Sounds good, I can wait.  Thanks!


----------



## PeterT (Oct 30, 2021)

__





						Tail Stocks -  Results Page 1 :: KBC Tools & Machinery
					

Tail Stocks




					www.kbctools.ca
				




usually their SKU is a number like x-xxx-xxx, maybe one of these?


----------



## YYCHM (Oct 30, 2021)

Nope, it's not one of those.  The one in the flyer looks like it can be adjusted for height and also tilts.  I wanted to review the details on the website but it's not listed.  Neither is the $300, 7pc Quick Change Tool Post Kit on the last page of the flyer.


----------



## DPittman (Oct 30, 2021)

It's not a difference between Canadian flyer and American website or vise versa is it?


----------



## YYCHM (Oct 30, 2021)

DPittman said:


> It's not a difference between Canadian flyer and American website or vise versa is it?
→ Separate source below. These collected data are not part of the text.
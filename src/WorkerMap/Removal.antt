-- ===== src/WorkerMap/Removal.antt =====
-- `start_remove_worker` and `remove_worker`: what they do on a worker that the map knows.
use func_x.Prelude.{
  ℕ, ◌≡◌, refl, String, none, some, List, [], Option, Option-cases, Bool-cases, inl, inr, arith,
}
use func_x.Prelude.Int.{pos, negsuc, ◌+ℤ◌, ◌-ℤ◌, int_laws, parts}
use func_x.Prelude.Dict.{Dict, get?, remove, get_or, has, put-Distinct, has-put_old}
use func_x.Prelude.Python.{return, raise, key_error}
use func_x.WorkerMap.{WorkerMap, add_to, remove_worker, start_remove_worker, release_accelerator}
use func_x.WorkerMap.Counts.{
  sum_values-add_to, get_or-add_to_self, get_or-add_to_ne, has-put, has-put_self, bump-eq-return,
  bump-eq-raise,
}
use func_x.WorkerMap.Books.{Books, IsKnown}

-- The counts after a worker of type `t` is gone.
abbrev pub removed : String → WorkerMap → WorkerMap
removed t m = record m {
  active_workers = m.active_workers -ℤ pos 1;
  total_worker_type_counts =
      add_to "unused" (pos 1) (add_to t (negsuc 0) m.total_worker_type_counts);
  to_die_count = add_to t (negsuc 0) m.to_die_count;
  ready_worker_type_counts = add_to "unused" (pos 1) m.ready_worker_type_counts;
}

pub remove_worker_lem :
    (w t : String) (m : WorkerMap)
    → get? w m.worker_types ≡ some t
    → Books m
    → remove_worker w m ≡ release_accelerator w (removed t m)
unfolding remove_worker
remove_worker_lem w t m e b =
    let k = b.typed w t e in
    rw (
      e,
      bump-eq-return t (negsuc 0) m.total_worker_type_counts k.in_total,
      bump-eq-return t (negsuc 0) m.to_die_count k.in_to_die,
      bump-eq-return "unused" (pos 1) (add_to t (negsuc 0) m.total_worker_type_counts)
          (has-put "unused" t _ m.total_worker_type_counts b.total_unused),
      bump-eq-return "unused" (pos 1) m.ready_worker_type_counts b.ready_unused,
    )

removed-Books : (t : String) (m : WorkerMap) → IsKnown m t → Books m → Books (removed t m)
removed-Books t m k b = record {
  total_unused = has-put_self "unused" _ (add_to t (negsuc 0) m.total_worker_type_counts);
  distinct =
      put-Distinct "unused" _ (add_to t (negsuc 0) m.total_worker_type_counts)
        (put-Distinct t _ m.total_worker_type_counts b.distinct);
  ready_unused = has-put_self "unused" _ m.ready_worker_type_counts;
  slots = omega (
    int_laws,
    parts b.slots,
    parts (get_or-add_to_self "unused" (pos 1) (add_to t (negsuc 0) m.total_worker_type_counts)),
    parts (get_or-add_to_ne "unused" t (negsuc 0) m.total_worker_type_counts k.named),
  );
  counted = omega (
    int_laws,
    parts b.counted,
    parts (sum_values-add_to "unused" (pos 1) (add_to t (negsuc 0) m.total_worker_type_counts)),
    parts (sum_values-add_to t (negsuc 0) m.total_worker_type_counts),
  );
  pended = b.pended;
  typed = λ w u e.
      let ku = b.typed w u e in
      record {
        named = ku.named;
        in_total = has-put u "unused" _ _ (has-put u t _ m.total_worker_type_counts ku.in_total);
        in_ready = has-put u "unused" _ m.ready_worker_type_counts ku.in_ready;
        in_to_die = has-put u t _ m.to_die_count ku.in_to_die;
      };
  timed = λ u h ne.
      b.timed u
        (cc (
          has-put_old u "unused"
              (get_or "unused" (pos 0) (add_to t (negsuc 0) m.total_worker_type_counts) +ℤ pos 1)
              (add_to t (negsuc 0) m.total_worker_type_counts)
              (has-put "unused" t _ m.total_worker_type_counts b.total_unused),
          has-put_old u t (get_or t (pos 0) m.total_worker_type_counts +ℤ negsuc 0)
              m.total_worker_type_counts k.in_total,
        ))
        ne;
  devices = b.devices;
}

-- Devices move between the queue and the assignments, a worker id is used up, the rest stays.
abbrev pub devices_set : ℕ → Option (List String) → Dict String → WorkerMap → WorkerMap
devices_set counter available assigned m = record m {
  worker_id_counter = counter;
  available_accelerators = available;
  assigned_accelerators = assigned;
}

pub devices_set-Books :
    (counter : ℕ) (available : Option (List String)) (assigned : Dict String) (m : WorkerMap)
    → (available ≡ none → assigned ≡ [])
    → Books m
    → Books (devices_set counter available assigned m)
devices_set-Books counter available assigned m h b = record {
  total_unused = b.total_unused;
  distinct = b.distinct;
  ready_unused = b.ready_unused;
  slots = b.slots;
  counted = b.counted;
  pended = b.pended;
  typed = λ w t e.
      let k = b.typed w t e in
      record {
        named = k.named;
        in_total = k.in_total;
        in_ready = k.in_ready;
        in_to_die = k.in_to_die;
      };
  timed = b.timed;
  devices = h;
}

pub release_accelerator-Books :
    (w : String) (m : WorkerMap)
    → Books m
    → ((release_accelerator w m).0 ≡ return tt) × Books (release_accelerator w m).1
unfolding release_accelerator get?
release_accelerator-Books w m b = elim (Option-cases (get? w m.assigned_accelerators)) [
  | inl e ↦ rw (e, release_accelerator) (refl, b)
  | inr (device, e) ↦ elim (Option-cases m.available_accelerators) [
    | inl e' ↦ absurd (ground (arith, b.devices e'))
    | inr (devices, e') ↦
        rw (e, e', release_accelerator)
          (
            refl,
            devices_set-Books m.worker_id_counter _ (remove w m.assigned_accelerators) m (λ x. cc)
                b,
          )
  ]
]

-- Removing a worker that is known raises nothing, and right books stay right.
pub remove_worker-Books :
    (w t : String) (m : WorkerMap)
    → get? w m.worker_types ≡ some t
    → Books m
    → ((remove_worker w m).0 ≡ return tt) × Books (remove_worker w m).1
remove_worker-Books w t m e b =
    rw (remove_worker_lem w t m e b)
      (release_accelerator-Books w (removed t m) (removed-Books t m (b.typed w t e) b))

-- A worker that is not known: KeyError, and nothing has changed.
pub remove_worker_unknown :
    (w : String) (m : WorkerMap)
    → get? w m.worker_types ≡ none
    → remove_worker w m ≡ (raise key_error, m)
unfolding remove_worker
remove_worker_unknown w m e = rw (e, remove_worker)

pub start_remove_worker-Books :
    (t : String) (m : WorkerMap) → Books m → Books (start_remove_worker t m).1
unfolding start_remove_worker
start_remove_worker-Books t m b = elim (Bool-cases (has t m.to_die_count)) [
  | inr e ↦ rw (bump-eq-raise t (pos 1) m.to_die_count e) b
  | inl e ↦ rw (bump-eq-return t (pos 1) m.to_die_count e) (record {
    total_unused = b.total_unused;
    distinct = b.distinct;
    ready_unused = b.ready_unused;
    slots = b.slots;
    counted = b.counted;
    pended = b.pended;
    typed = λ w u h.
        let k = b.typed w u h in
        record {
          named = k.named;
          in_total = k.in_total;
          in_ready = k.in_ready;
          in_to_die = has-put u t _ m.to_die_count k.in_to_die;
        };
    timed = b.timed;
    devices = b.devices;
  })
]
No, I don't think so.  The Flyer is Canadian and I have been looking at kbctools.ca.


----------



## DPittman (Oct 30, 2021)

Oh okay, I know I've gotten the US flyers and there has been stuff in it that I didn't find in the Canadian catalog.  And at the time I was thinking their prices weren't so bad..  until I realized it was US dollars I was looking at!


----------



## PeterT (Oct 30, 2021)

I do recall a similar issue. Everything on that flyer is King Industrial. 
for example I typed in the KC-4900S code for the sharpener (also not on KBC) appears on King




__





						KC-4900S KING Canada - Power Tools, Woodworking and Metalworking Machines by King Canada
					

...




					www.kingcanada.com
				




Cant find your tailstock though :/


----------



## 140mower (Nov 1, 2021)

Hi Craig, 

My package came 3 days early.... I can see no difference between the two tailstocks, nor do I think I will ever need both at the same time.... The indexing plates also appear to be the same.....
If you are still interested try me at fly1on@yahoo.com. 
Don


----------



## YYCHM (Nov 1, 2021)

140mower said:


> Hi Craig,
> 
> My package came 3 days early.... I can see no difference between the two tailstocks, nor do I think I will ever need both at the same time.... The indexing plates also appear to be the same.....
> If you are still interested try me at fly1on@yahoo.com.
> Don



Email sent.....


----------



## 140mower (Nov 4, 2021)

Red Green would be proud... Added a label and sent it away.


----------



## Dusty (Nov 4, 2021)

YYCHM said:


> Nope, it's not one of those.  The one in the flyer looks like it can be adjusted for height and also tilts.  I wanted to review the details on the website but it's not listed.  Neither is the $300, 7pc Quick Change Tool Post Kit on the last page of the flyer.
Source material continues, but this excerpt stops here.